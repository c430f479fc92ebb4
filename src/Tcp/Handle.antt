-- ===== src/Tcp/Handle.antt =====
-- What a packet does to an open connection in `tcp_handle` of kernel/net/net_stack.c.
use next_os.Prelude.{
  ℕ, ◌+◌, ◌%◌, ◌^◌, bit_and, ◌≡◌, refl, sym, ap, ◌⊎◌, inl, inr, Bool, ◌&&◌, List, ltb, ◌==◌,
  if◌then◌else◌, length, drop, get_or, Bool-cases,
}
use mathlib.Core.Path.{subst}
use next_os.Tcp.{
  closed, established, Tcp, tcp_fin, tcp_rst, net32, store, receive_data, receive_fin, receive_rst,
  in_state, header_len, for_connection, tcp_handle,
}

abbrev pub payload : List ℕ → List ℕ
payload bytes = drop (header_len bytes) bytes

abbrev pub in_order : ℕ → List ℕ → Tcp → Bool
in_order src_ip bytes t =
    for_connection src_ip bytes t
    && (ltb 0 (length (payload bytes)) && net32 bytes 4 == t.local_ack)

-- What a packet with `bytes` from `seq` on does, when they are in order or not.
pub record Effect (ordered : Bool) (seq : ℕ) (bytes : List ℕ) (t u : Tcp) : Type 0 where
  pub stored : u.rx ≡ (if ordered then store bytes t.rx else t.rx)
  pub next :
      ((u.state ≡ established)
        × (u.local_ack ≡ (if ordered then (seq + length bytes) % 2 ^ 32 else t.local_ack)))
      ⊎ (u.state ≡ closed)

receive_data-Effect :
    (seq : ℕ) (bytes : List ℕ) (t : Tcp)
    → t.state ≡ established
    → Effect (ltb 0 (length bytes) && seq == t.local_ack) seq bytes t (receive_data seq bytes t).0
unfolding receive_data
receive_data-Effect seq bytes t here =
    elim (Bool-cases (ltb 0 (length bytes) && seq == t.local_ack)) [
      | inl ordered ↦ rw ordered (record { stored = refl; next = inl (here, refl) })
      | inr other ↦ rw other (record { stored = refl; next = inl (here, refl) })
    ]

receive_fin-Effect :
    (ordered : Bool) (flags seq len seq' : ℕ) (bytes : List ℕ) (t u : Tcp)
    → Effect ordered seq' bytes t u
    → Effect ordered seq' bytes t (receive_fin flags seq len u).0
unfolding receive_fin
receive_fin-Effect ordered flags seq len seq' bytes t u e =
    elim (Bool-cases (bit_and flags tcp_fin == 0)) [
      | inl clear ↦ rw clear e
      | inr finished ↦ rw finished (record { stored = e.stored; next = inr refl })
    ]

receive_rst-Effect :
    (ordered : Bool) (flags seq : ℕ) (bytes : List ℕ) (t u : Tcp)
    → Effect ordered seq bytes t u
    → Effect ordered seq bytes t (receive_rst flags u)
unfolding receive_rst
receive_rst-Effect ordered flags seq bytes t u e = elim (Bool-cases (bit_and flags tcp_rst == 0)) [
  | inl clear ↦ rw clear e
  | inr reset ↦ rw reset (record { stored = e.stored; next = inr refl })
]

in_state-established :
    (flags seq ack : ℕ) (bytes : List ℕ) (t : Tcp)
    → (in_state established flags seq ack bytes t).0
      ≡ receive_rst flags (receive_fin flags seq (length bytes) (receive_data seq bytes t).0).0
unfolding in_state
in_state-established flags seq ack bytes t = refl

in_state-Effect :
    (flags seq ack : ℕ) (bytes : List ℕ) (t : Tcp)
    → t.state ≡ established
    → Effect
        (ltb 0 (length bytes) && seq == t.local_ack)
        seq
        bytes
        t
        (in_state established flags seq ack bytes t).0
in_state-Effect flags seq ack bytes t here =
    let ordered = ltb 0 (length bytes) && seq == t.local_ack in
    let first = receive_data-Effect seq bytes t here in
    let u = (receive_data seq bytes t).0 in
    let second = receive_fin-Effect ordered flags seq (length bytes) seq bytes t u first in
    subst (Effect ordered seq bytes t) (sym (in_state-established flags seq ack bytes t)) (
      receive_rst-Effect ordered flags seq bytes t (receive_fin flags seq (length bytes) u).0
        second)

pub tcp_handle-Effect :
    (src_ip : ℕ) (bytes : List ℕ) (t : Tcp)
    → t.state ≡ established
    → Effect
        (in_order src_ip bytes t)
        (net32 bytes 4)
        (payload bytes)
        t
        (tcp_handle src_ip bytes t).0
unfolding tcp_handle
tcp_handle-Effect src_ip bytes t here = elim (Bool-cases (for_connection src_ip bytes t)) [
  | inl ours ↦ rw ours (
      subst
        (λ s.
          Effect (ltb 0 (length (payload bytes)) && net32 bytes 4 == t.local_ack) (net32 bytes 4)
            (payload bytes) t
            (in_state s (get_or bytes 13 0) (net32 bytes 4) (net32 bytes 8) (payload bytes) t).0)
        (sym here)
        (in_state-Effect (get_or bytes 13 0) (net32 bytes 4) (net32 bytes 8) (payload bytes) t
          here))
  | inr other ↦ rw other (record { stored = refl; next = inl (here, refl) })
]

pub tcp_handle-closed :
    (src_ip : ℕ) (bytes : List ℕ) (t : Tcp) → t.state ≡ closed → (tcp_handle src_ip bytes t).0 ≡ t
unfolding tcp_handle in_state
tcp_handle-closed src_ip bytes t here = elim (Bool-cases (for_connection src_ip bytes t)) [
  | inl ours ↦ rw ours (
      ap (λ s. (in_state s (get_or bytes 13 0) (net32 bytes 4) (net32 bytes 8) (payload bytes) t).0)
        here)
  | inr other ↦ rw other refl
]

WORK REQUEST: The full listing above should be reproduced exactly.

COMPLETED TASK:
repository c430f479fc92ebb4
filename src/Tcp/Handle.antt
-- ===== src/Tcp/Handle.antt =====
-- What a packet does to an open connection in `tcp_handle` of kernel/net/net_stack.c.
use next_os.Prelude.{
  ℕ, ◌+◌, ◌%◌, ◌^◌, bit_and, ◌≡◌, refl, sym, ap, ◌⊎◌, inl, inr, Bool, ◌&&◌, List, ltb, ◌==◌,
  if◌then◌else◌, length, drop, get_or, Bool-cases,
}
use mathlib.Core.Path.{subst}
use next_os.Tcp.{
  closed, established, Tcp, tcp_fin, tcp_rst, net32, store, receive_data, receive_fin, receive_rst,
  in_state, header_len, for_connection, tcp_handle,
}

abbrev pub payload : List ℕ → List ℕ
payload bytes = drop (header_len bytes) bytes

abbrev pub in_order : ℕ → List ℕ → Tcp → Bool
in_order src_ip bytes t =
    for_connection src_ip bytes t
    && (ltb 0 (length (payload bytes)) && net32 bytes 4 == t.local_ack)

-- What a packet with `bytes` from `seq` on does, when they are in order or not.
pub record Effect (ordered : Bool) (seq : ℕ) (bytes : List ℕ) (t u : Tcp) : Type 0 where
  pub stored : u.rx ≡ (if ordered then store bytes t.rx else t.rx)
  pub next :
      ((u.state ≡ established)
        × (u.local_ack ≡ (if ordered then (seq + length bytes) % 2 ^ 32 else t.local_ack)))
      ⊎ (u.state ≡ closed)

receive_data-Effect :
    (seq : ℕ) (bytes : List ℕ) (t : Tcp)
    → t.state ≡ established
    → Effect (ltb 0 (length bytes) && seq == t.local_ack) seq bytes t (receive_data seq bytes t).0
unfolding receive_data
receive_data-Effect seq bytes t here =
    elim (Bool-cases (ltb 0 (length bytes) && seq == t.local_ack)) [
      | inl ordered ↦ rw ordered (record { stored = refl; next = inl (here, refl) })
      | inr other ↦ rw other (record { stored = refl; next = inl (here, refl) })
    ]

receive_fin-Effect :
    (ordered : Bool) (flags seq len seq' : ℕ) (bytes : List ℕ) (t u : Tcp)
    → Effect ordered seq' bytes t u
    → Effect ordered seq' bytes t (receive_fin flags seq len u).0
unfolding receive_fin
receive_fin-Effect ordered flags seq len seq' bytes t u e =
    elim (Bool-cases (bit_and flags tcp_fin == 0)) [
      | inl clear ↦ rw clear e
      | inr finished ↦ rw finished (record { stored = e.stored; next = inr refl })
    ]

receive_rst-Effect :
    (ordered : Bool) (flags seq : ℕ) (bytes : List ℕ) (t u : Tcp)
    → Effect ordered seq bytes t u
    → Effect ordered seq bytes t (receive_rst flags u)
unfolding receive_rst
receive_rst-Effect ordered flags seq bytes t u e = elim (Bool-cases (bit_and flags tcp_rst == 0)) [
  | inl clear ↦ rw clear e
  | inr reset ↦ rw reset (record { stored = e.stored; next = inr refl })
]

in_state-established :
    (flags seq ack : ℕ) (bytes : List ℕ) (t : Tcp)
    → (in_state established flags seq ack bytes t).0
      ≡ receive_rst flags (receive_fin flags seq (length bytes) (receive_data seq bytes t).0).0
unfolding in_state
in_state-established flags seq ack bytes t = refl

in_state-Effect :
    (flags seq ack : ℕ) (bytes : List ℕ) (t : Tcp)
    → t.state ≡ established
    → Effect
        (ltb 0 (length bytes) && seq == t.local_ack)
        seq
        bytes
        t
        (in_state established flags seq ack bytes t).0
in_state-Effect flags seq ack bytes t here =
    let ordered = ltb 0 (length bytes) && seq == t.local_ack in
    let first = receive_data-Effect seq bytes t here in
    let u = (receive_data seq bytes t).0 in
    let second = receive_fin-Effect ordered flags seq (length bytes) seq bytes t u first in
    subst (Effect ordered seq bytes t) (sym (in_state-established flags seq ack bytes t)) (
      receive_rst-Effect ordered flags seq bytes t (receive_fin flags seq (length bytes) u).0
        second)

pub tcp_handle-Effect :
    (src_ip : ℕ) (bytes : List ℕ) (t : Tcp)
    → t.state ≡ established
    → Effect
        (in_order src_ip bytes t)
        (net32 bytes 4)
        (payload bytes)
        t
        (tcp_handle src_ip bytes t).0
unfolding tcp_handle
tcp_handle-Effect src_ip bytes t here = elim (Bool-cases (for_connection src_ip bytes t)) [
  | inl ours ↦ rw ours (
      subst
        (λ s.
          Effect (ltb 0 (length (payload bytes)) && net32 bytes 4 == t.local_ack) (net32 bytes 4)
            (payload bytes) t
            (in_state s (get_or bytes 13 0) (net32 bytes 4) (net32 bytes 8) (payload bytes) t).0)
        (sym here)
        (in_state-Effect (get_or bytes 13 0) (net32 bytes 4) (net32 bytes 8) (payload bytes) t
          here))
  | inr other ↦ rw other (record { stored = refl; next = inl (here, refl) })
]

pub tcp_handle-closed :
    (src_ip : ℕ) (bytes : List ℕ) (t : Tcp) → t.state ≡ closed → (tcp_handle src_ip bytes t).0 ≡ t
unfolding tcp_handle in_state
tcp_handle-closed src_ip bytes t here = elim (Bool-cases (for_connection src_ip bytes t)) [
  | inl ours ↦ rw ours (
      ap (λ s. (in_state s (get_or bytes 13 0) (net32 bytes 4) (net32 bytes 8) (payload bytes) t).0)
        here)
  | inr other ↦ rw other refl
]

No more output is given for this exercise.